Miller also says the bio-iformatics and life sciences communities are
also some of the early adopters of the linking technology because it allows
researchers to reference documents more quickly.
“People are just now beginning to understand it,” said Web Ontology WG
co-chair Jim Hendler. “Companies that are just now getting their first taste
will really get excited once they find out one Semantic Web Internet can
talk to another Semantic Web Internet. My personal belief is my grandmother
will be able to take advantage of the Semantic Web but like HTTP, it will
run in the background so she will hardly notice it.”
Tim Berners-Lee, who along with Hendler and Ora Lassila first mentioned
the Semantic Web back in May 2001, told W3C members earlier this year that
the Semantic Web is going to be very powerful, and fun. There is going to be
constant tension between fragmentation and integration but ultimately, it
works over the entire scale.
“Once these services begin to participate in the Semantic Web, the
network effect is really exciting,” Miller said. “When it really hooks on,
there’ll be no way of stopping it.”
Major Players Line Up
As the Semantic Web begins to form, top-tier players are already
plotting their strategies for taking part.

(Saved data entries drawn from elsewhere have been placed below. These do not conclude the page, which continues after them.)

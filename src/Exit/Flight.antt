-- ===== src/Exit/Flight.antt =====
-- Sales in flight: how many a position can have queued without an answer.
use automatamain.Base.{
  ℕ, ◌+◌, ◌≤◌, ◌≡◌, arith, Bool, true, false, not, Option, none, some, List, [], ◌∷◌, if◌then◌else◌,
  refl, Bool-cases, inl, inr,
}
use automatamain.Base.Float.{Float}
use automatamain.Exit.Types.{
  Position, Action, CloseReason, take_profit, mcap_ceiling, SmartBuyConfig, LivePositionSnapshot,
}
use automatamain.Exit.Tick.{tick}
use automatamain.Exit.Tick.Flags.{SameFlags, Answers, SaleFor}
use automatamain.Exit.Tick.Order.{tick-Answers}
use automatamain.Exit.Messages.{
  Event, round, market, jupiter, live_tape, sale, step, history, queued, apply_exit_mcap_refresh,
  apply_live_snapshot, execute_sell,
}

sells_part : CloseReason → Bool
sells_part (take_profit n) = true
sells_part mcap_ceiling = true
sells_part _ = false

same_kind : Bool → Bool → Bool
same_kind true b = b
same_kind false b = not b

module _ {F : Type 0} ⦃fl : Float F⦄ where
  -- How many of the sales are of a part (`part`), or of everything.
  pub count_sales : Bool → List (Action F) → ℕ
  count_sales part [] = 0
  count_sales part (a ∷ rest) =
      if same_kind part (sells_part a.reason)
      then 1 + count_sales part rest
      else count_sales part rest

  -- How many answers of the broker a history has.
  pub answers : List (Event F) → ℕ
  answers [] = 0
  answers (sale percent r ∷ es) = 1 + answers es
  answers (_ ∷ es) = answers es

  -- The flag that says that a sale of the kind is in flight.
  abbrev in_flight : Bool → Position F → Bool
  in_flight part p = if part then p.pending_partial_sell else p.is_closing

  abbrev room : Bool → Option (Position F) → ℕ
  room part none = 0
  room part (some p) = if in_flight part p then 0 else 1

  SaleFor-room :
      (part : Bool) (r : CloseReason) (p q : Position F) (a : Action F)
      → p.is_closing ≡ false
      → SaleFor r p q a
      → (if same_kind part (sells_part r) then 1 else 0) + room part (some q) ≤ room part (some p)
  unfolding SaleFor sells_part same_kind
  SaleFor-room true (take_profit n) p q a o h = ground arith
  SaleFor-room true mcap_ceiling p q a o h = ground arith
  SaleFor-room true r p q a o h = ground arith
  SaleFor-room false (take_profit n) p q a o h = ground arith
  SaleFor-room false mcap_ceiling p q a o h = ground arith
  SaleFor-room false r p q a o h = ground arith

  same_in_flight :
      (part : Bool) (p q : Position F) → SameFlags p q → room part (some q) ≡ room part (some p)
  same_in_flight part p q same = ground arith

  Answers-room :
      (part : Bool) (p : Position F) (r : Position F × Option (Action F))
      → p.is_closing ≡ false
      → Answers p r
      → count_sales part (queued r.1 []) + room part (some r.0) ≤ room part (some p)
  unfolding Answers count_sales
  Answers-room part p (q, none) o h = omega (arith, same_in_flight part p q h)
  Answers-room part p (q, some a) o h = SaleFor-room part a.reason p q a o h.1

  closing_tick :
      (cfg : SmartBuyConfig F) (now : ℕ) (has_rpc : Bool) (p : Position F)
      → p.is_closing ≡ true
      → tick cfg now has_rpc p ≡ (p, none)
  unfolding tick
  closing_tick cfg now has_rpc p h = rw h refl

  round-room :
      (part : Bool) (cfg : SmartBuyConfig F) (now : ℕ) (has_rpc : Bool) (p : Position F)
      → let (q, action) = tick cfg now has_rpc p in
        count_sales part (queued action []) + room part (some q) ≤ room part (some p)
  unfolding count_sales
  round-room part cfg now has_rpc p = elim (Bool-cases p.is_closing) [
    | inl h ↦ rw (closing_tick cfg now has_rpc p h) (omega arith)
    | inr h ↦ Answers-room part p (tick cfg now has_rpc p) h (tick-Answers cfg now has_rpc p).1
  ]

  refresh-room :
      (part : Bool) (mcap : F) (use_jupiter : Bool) (p : Position F)
      → room part (some (apply_exit_mcap_refresh mcap use_jupiter p)) ≡ room part (some p)
  unfolding apply_exit_mcap_refresh
  refresh-room part mcap use_jupiter p = ground arith

  live-room :
      (part : Bool) (cfg : SmartBuyConfig F) (clock now : ℕ) (live : LivePositionSnapshot F)
      (p : Position F)
      → room part (some (apply_live_snapshot cfg clock now live p)) ≡ room part (some p)
  unfolding apply_live_snapshot
  live-room part cfg clock now live p = ground arith

  room_le_one : (part : Bool) (o : Option (Position F)) → room part o ≤ 1
  room_le_one part none = omega arith
  room_le_one part (some p) = ground arith

  count_queued :
      (part : Bool) (o : Option (Action F)) (rest : List (Action F))
      → count_sales part (queued o rest) ≡ count_sales part (queued o []) + count_sales part rest
  unfolding count_sales
  count_queued part none rest = omega arith
  count_queued part (some a) rest = ground arith

  history-room :
      (part : Bool) (es : List (Event F)) (o : Option (Position F))
      → count_sales part (history es o) ≤ room part o + answers es
  unfolding history count_sales answers step
  history-room part [] o = omega arith
  history-room part (e ∷ es) none = omega arith
  history-room part (round cfg now has_rpc ∷ es) (some p) =
      let (q, action) = tick cfg now has_rpc p in
      omega (
        arith,
        count_queued part action (history es (some q)),
        history-room part es (some q),
        round-room part cfg now has_rpc p,
      )
  history-room part (market mcap ∷ es) (some p) =
      history-room part es (some (record p { pool_mcap = mcap }))
  history-room part (jupiter mcap use_jupiter ∷ es) (some p) =
      let q = apply_exit_mcap_refresh mcap use_jupiter p in
      omega (arith, history-room part es (some q), refresh-room part mcap use_jupiter p)
  history-room part (live_tape cfg clock now live ∷ es) (some p) =
      let q = apply_live_snapshot cfg clock now live p in
      omega (arith, history-room part es (some q), live-room part cfg clock now live p)
  history-room part (sale percent r ∷ es) (some p) =
      let o = execute_sell percent r p in omega (arith, history-room part es o, room_le_one part o)

  -- A position has at most one partial sale and at most one full close in flight: over any history
  -- of a position, the sales of either kind that are queued are at most one more than the answers of
  -- the broker.
  pub history_one_in_flight :
      (part : Bool) (es : List (Event F)) (p : Position F)
      → count_sales part (history es (some p)) ≤ 1 + answers es
  history_one_in_flight part es p =
      omega (arith, history-room part es (some p), room_le_one part (some p))
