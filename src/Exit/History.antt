-- ===== src/Exit/History.antt =====
-- What the events of a position's life do to its sales, over any history.
use automatamain.Base.{
  ℕ, ◌+◌, ◌≤◌, ◌≡◌, arith, Bool, true, false, Option, none, some, List, [], ◌∷◌, if◌then◌else◌,
  ◌==◌, ap,
}
use automatamain.Base.Float.{Float}
use automatamain.Exit.Types.{
  Position, Action, CloseReason, SmartBuyConfig, LivePositionSnapshot, take_profit,
}
use automatamain.Exit.Tick.{tick}
use automatamain.Exit.Tick.Flags.{level, SameFlags, same_level, Answers, SaleFor, Keeps}
use automatamain.Exit.Tick.Order.{tick-Answers}
use automatamain.Exit.Messages.{
  Event, round, market, jupiter, live_tape, sale, step, history, queued, SellResult, sold,
  requires_manual_sell, failed, apply_exit_mcap_refresh, apply_live_snapshot, execute_sell,
}

is_level : ℕ → CloseReason → Bool
is_level n (take_profit m) = m == n
is_level n _ = false

module _ {F : Type 0} ⦃fl : Float F⦄ where
  -- How often a list of sales sells the level n.
  pub count_level : ℕ → List (Action F) → ℕ
  count_level n [] = 0
  count_level n (a ∷ rest) =
      if is_level n a.reason then 1 + count_level n rest else count_level n rest

  -- The level n can still be sold.
  abbrev left : ℕ → Option (Position F) → ℕ
  left n none = 0
  left n (some p) = if level n p then 0 else 1

  Keeps-level : (n : ℕ) (p q : Position F) → Keeps p q → level n p ≡ true → level n q ≡ true
  unfolding level
  Keeps-level n p q keeps h = ground arith

  SaleFor-left :
      (n : ℕ) (r : CloseReason) (p q : Position F) (a : Action F)
      → (level n p ≡ true → level n q ≡ true)
      → SaleFor r p q a
      → (if is_level n r then 1 else 0) + left n (some q) ≤ left n (some p)
  unfolding SaleFor is_level
  SaleFor-left n (take_profit m) p q a keeps h =
      ground (arith, ap (λ k. level k p), ap (λ k. level k q))
  SaleFor-left n r p q a keeps h = ground arith

  same_left : (n : ℕ) (p q : Position F) → SameFlags p q → left n (some q) ≡ left n (some p)
  same_left n p q same = ap {B = ℕ} (λ b. if b then 0 else 1) (same_level n p q same)

  Answers-left :
      (n : ℕ) (p : Position F) (r : Position F × Option (Action F))
      → Answers p r
      → count_level n (queued r.1 []) + left n (some r.0) ≤ left n (some p)
  unfolding Answers count_level
  Answers-left n p (q, none) h = omega (arith, same_left n p q h)
  Answers-left n p (q, some a) h = SaleFor-left n a.reason p q a (Keeps-level n p q h.0) h.1

  execute_sell-left :
      (n : ℕ) (percent : F) (r : SellResult) (p : Position F)
      → left n (execute_sell percent r p) ≤ left n (some p)
  unfolding execute_sell level
  execute_sell-left n percent sold p = ground arith
  execute_sell-left n percent requires_manual_sell p = omega arith
  execute_sell-left n percent failed p = ground arith

  refresh_level :
      (n : ℕ) (mcap : F) (use_jupiter : Bool) (p : Position F)
      → level n (apply_exit_mcap_refresh mcap use_jupiter p) ≡ level n p
  unfolding apply_exit_mcap_refresh level
  refresh_level n mcap use_jupiter p = ground arith

  live_level :
      (n : ℕ) (cfg : SmartBuyConfig F) (clock now : ℕ) (live : LivePositionSnapshot F)
      (p : Position F)
      → level n (apply_live_snapshot cfg clock now live p) ≡ level n p
  unfolding apply_live_snapshot level
  live_level n cfg clock now live p = ground arith

  step-left :
      (n : ℕ) (e : Event F) (p : Position F)
      → count_level n (queued (step e p).1 []) + left n (step e p).0 ≤ left n (some p)
  unfolding step count_level level
  step-left n (round cfg now has_rpc) p =
      Answers-left n p (tick cfg now has_rpc p) (tick-Answers cfg now has_rpc p).1
  step-left n (market mcap) p = omega arith
  step-left n (jupiter mcap use_jupiter) p =
      omega (arith, ap {B = ℕ} (λ b. if b then 0 else 1) (refresh_level n mcap use_jupiter p))
  step-left n (live_tape cfg clock now live) p =
      omega (arith, ap {B = ℕ} (λ b. if b then 0 else 1) (live_level n cfg clock now live p))
  step-left n (sale percent result) p = omega (arith, execute_sell-left n percent result p)

  count_queued :
      (n : ℕ) (o : Option (Action F)) (rest : List (Action F))
      → count_level n (queued o rest) ≡ count_level n (queued o []) + count_level n rest
  unfolding count_level
  count_queued n none rest = omega arith
  count_queued n (some a) rest = ground arith

  history-left :
      (n : ℕ) (es : List (Event F)) (o : Option (Position F))
      → count_level n (history es o) ≤ left n o
  unfolding history count_level
  history-left n [] o = omega arith
  history-left n (e ∷ es) none = omega arith
  history-left n (e ∷ es) (some p) =
      let (o, action) = step e p in
      omega (arith, count_queued n action (history es o), history-left n es o, step-left n e p)

  -- Over any history of rounds, market updates, snapshots and results of sales, whether they fail or
  -- not, each profit level of a position is sold at most once.
  pub history_sells_level_once :
      (n : ℕ) (es : List (Event F)) (p : Position F) → count_level n (history es (some p)) ≤ 1
  history_sells_level_once n es p = ground (arith, history-left n es (some p))
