-- ===== src/Exit/Tape/Valid.antt =====
-- What the tape promises: the value of an exit comes from valid ticks, and the tape keeps a bound.
use automatamain.Base.{
  ℕ, zero, suc, ◌+◌, ◌-◌, ◌/◌, ◌≤◌, ◌<◌, ◌≡◌, arith, Bool, true, false, Option, none, some, List,
  [], ◌∷◌, ◌++◌, if◌then◌else◌, refl, All, length, keep, get_elem?, length-drop, length-append,
}
use automatamain.Base.Float.{Float, fmax, int, flt}
use automatamain.Exit.Types.{Position}
use automatamain.Exit.Tape.{
  exit_mcap_valid, exit_mcap_median, filtered_exit_mcap, push_exit_mcap_tick, sort, insert_sorted,
  last_valid, first_of_three, exit_mcap_matches_band,
}

no_lt_zero : (i : ℕ) → i < 0 → ⊥
no_lt_zero i h = omega arith

half_lt : (n : ℕ) → 0 < n → n / 2 < n
half_lt n h = omega arith

module _ {F : Type 0} ⦃fl : Float F⦄ where
  abbrev pub IsValid : F → Type 0
  IsValid x = exit_mcap_valid x ≡ true

  All-if :
      (b : Bool) (xs ys : List F)
      → (b ≡ true → All IsValid xs)
      → (b ≡ false → All IsValid ys)
      → All IsValid (if b then xs else ys)
  All-if true xs ys h k = h refl
  All-if false xs ys h k = k refl

  insert-All : (x : F) (xs : List F) → IsValid x → All IsValid xs → All IsValid (insert_sorted x xs)
  unfolding insert_sorted
  insert-All x [] h hs = (h, tt)
  insert-All x (y ∷ ys) h (hy, hys) =
      All-if (flt y x) _ _ (λ e. (hy, insert-All x ys h hys)) (λ e. (h, (hy, hys)))

  insert-length : (x : F) (xs : List F) → length (insert_sorted x xs) ≡ 1 + length xs
  unfolding insert_sorted
  insert-length x [] = omega arith
  insert-length x (y ∷ ys) = ground (arith, insert-length x ys)

  sort-All : (xs : List F) → All IsValid xs → All IsValid (sort xs)
  unfolding sort
  sort-All [] h = tt
  sort-All (x ∷ xs) (h, hs) = insert-All x (sort xs) h (sort-All xs hs)

  sort-length : (xs : List F) → length (sort xs) ≡ length xs
  unfolding sort
  sort-length [] = refl
  sort-length (x ∷ xs) = omega (arith, insert-length x (sort xs), sort-length xs)

  keep-All : (xs : List F) → All IsValid (keep exit_mcap_valid xs)
  keep-All [] = tt
  keep-All (x ∷ xs) = All-if (exit_mcap_valid x) _ _ (λ e. (e, keep-All xs)) (λ e. keep-All xs)

  All-get :
      (xs : List F) (i : ℕ)
      → All IsValid xs
      → i < length xs
      → (x : F) × (get_elem? xs i ≡ some x) × IsValid x
  All-get [] i hs h = elim (no_lt_zero i h) [ ]
  All-get (x ∷ xs) zero (hx, hs) h = (x, refl, hx)
  All-get (x ∷ xs) (suc i) (hx, hs) h = All-get xs i hs (omega arith)

  -- The median of a tape with a valid tick is there, and is valid.
  median-IsValid :
      (xs : List F)
      → 0 < length (keep exit_mcap_valid xs)
      → (m : F) × (exit_mcap_median xs ≡ some m) × IsValid m
  unfolding exit_mcap_median
  median-IsValid xs h =
      let v = keep exit_mcap_valid xs in
      All-get (sort v) (length v / 2) (sort-All v (keep-All xs))
        (omega (arith, sort-length v, half_lt (length v) h))

  -- The value of an option, if it is there, is valid.
  IsValidOption : Option F → Type 0
  IsValidOption none = Unit
  IsValidOption (some x) = IsValid x

  get-IsValidOption : (xs : List F) (i : ℕ) → All IsValid xs → IsValidOption (get_elem? xs i)
  unfolding IsValidOption
  get-IsValidOption [] i h = tt
  get-IsValidOption (x ∷ xs) zero (h, hs) = h
  get-IsValidOption (x ∷ xs) (suc i) (h, hs) = get-IsValidOption xs i hs

  median-IsValidOption : (xs : List F) → IsValidOption (exit_mcap_median xs)
  unfolding exit_mcap_median
  median-IsValidOption xs =
      let v = keep exit_mcap_valid xs in
      get-IsValidOption (sort v) (length v / 2) (sort-All v (keep-All xs))

  first-IsValid :
      (a : Option F) (m : F) (c : Option F) (d : F)
      → IsValidOption a
      → IsValid m
      → IsValid (first_of_three a (some m) c d)
  unfolding first_of_three IsValidOption
  first-IsValid none m c d h hm = hm
  first-IsValid (some x) m c d h hm = h

  -- Whatever the band, the value that an exit goes by is a valid one as soon as the tape has a valid
  -- tick.
  pub filtered_exit_mcap-IsValid :
      (xs : List F) (enter lo hi : F)
      → 0 < length (keep exit_mcap_valid xs)
      → IsValid (filtered_exit_mcap xs enter lo hi)
  unfolding filtered_exit_mcap
  filtered_exit_mcap-IsValid xs enter lo hi h =
      let (m, e, valid) = median-IsValid xs h in
      let in_band = keep (λ x. exit_mcap_matches_band x (some m) lo hi) xs in
      rw e (
        first-IsValid (exit_mcap_median in_band) m (last_valid xs) (fmax enter (int 0))
          (median-IsValidOption in_band) valid)

  -- A tape within its bound stays within it.
  push-length :
      (p : Position F) (x : F) (n : ℕ)
      → length p.exit_mcap_ticks ≤ n
      → length (push_exit_mcap_tick p x n).exit_mcap_ticks ≤ n
  unfolding push_exit_mcap_tick
  push-length p x n h = ground (
    arith,
    length-append p.exit_mcap_ticks (x ∷ []),
    length-drop (length (p.exit_mcap_ticks ++ x ∷ []) - n) (p.exit_mcap_ticks ++ x ∷ []),
  )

Hewlett-Packard seems to have the best jump on the pack with its Jena
project. The company had the second version of its open source Java-based
framework released in late August. The company also is working on HP
Haystack, a flexible universal information client, which is a combination of
individual preferences used to interpret metadata.
Sun Microsystems has submitted its Global Knowledge
Engineering (GKE) framework (code-named SwoRDFish).
IBM recently released a best practices paper and a demo for its
own metadata interpreter, Semio Tagger. The addition to the Semantic Web lined a billion documents and
annotation server, which then can subscribe and get metadata from the server
to flip it around and show related documents.
“Right now it’s a pretty amicable environment. That will change,” Miller said.
Other major players in the Semantic Web space include Mitch Kapor of
Lotus 123 fame and his Open Source Applications Foundation (OSAF),
MovableType.org, Teknowledge and Creative Commons.org,
which is focused on protecting copyrights and privacy.
“That is an interesting and developing issue,” said Miller. “There are
potentials of misuse. We are helping people articulate this and their use in
policies in addition to the data that we’re sharing.”
With blogs for example, Miller says searching for related topics also
reveals metadata information about the authors, that and linking between
“friend of a friend” recommendations.
“It works very much like six degrees of separation,” Miller said.
The copyright issue is being addressed by setting up rules
“You as a writer or me as an artist is copyrighted except if we allow
that data to be used elsewhere,” Hendler said. “In some instances you could
reuse it but it requires attribution. When you type in a search in Google,
for example, you could in the future ask to show all the images that can be
reused for free.”
So if it can be used for protecting copyrighted images, could the
Semantic Web be a “silver bullet” that could potentially save online digital
music? Miller says no.
“Not a silver bullet, but useful gunpowder,” he said. “The systems for
Disney are going to be different than for libraries. The lowest common
denominator will be through digital rights description. Then there are the
generalizations of licenses and through rules in languages.”
In one field test, Hendler and his team at the University of Maryland
prototyped a Semantic Web application using a pager.
“A student wore a pager that would only let certain pages go through,”
Hendler. “We designed it so that professors could page her and others
couldn’t. In a much wider sense, these could be applied to metadata that
identifies a query. Not just an IP address but a certain type of criteria to
let me know this person is who they say they are.”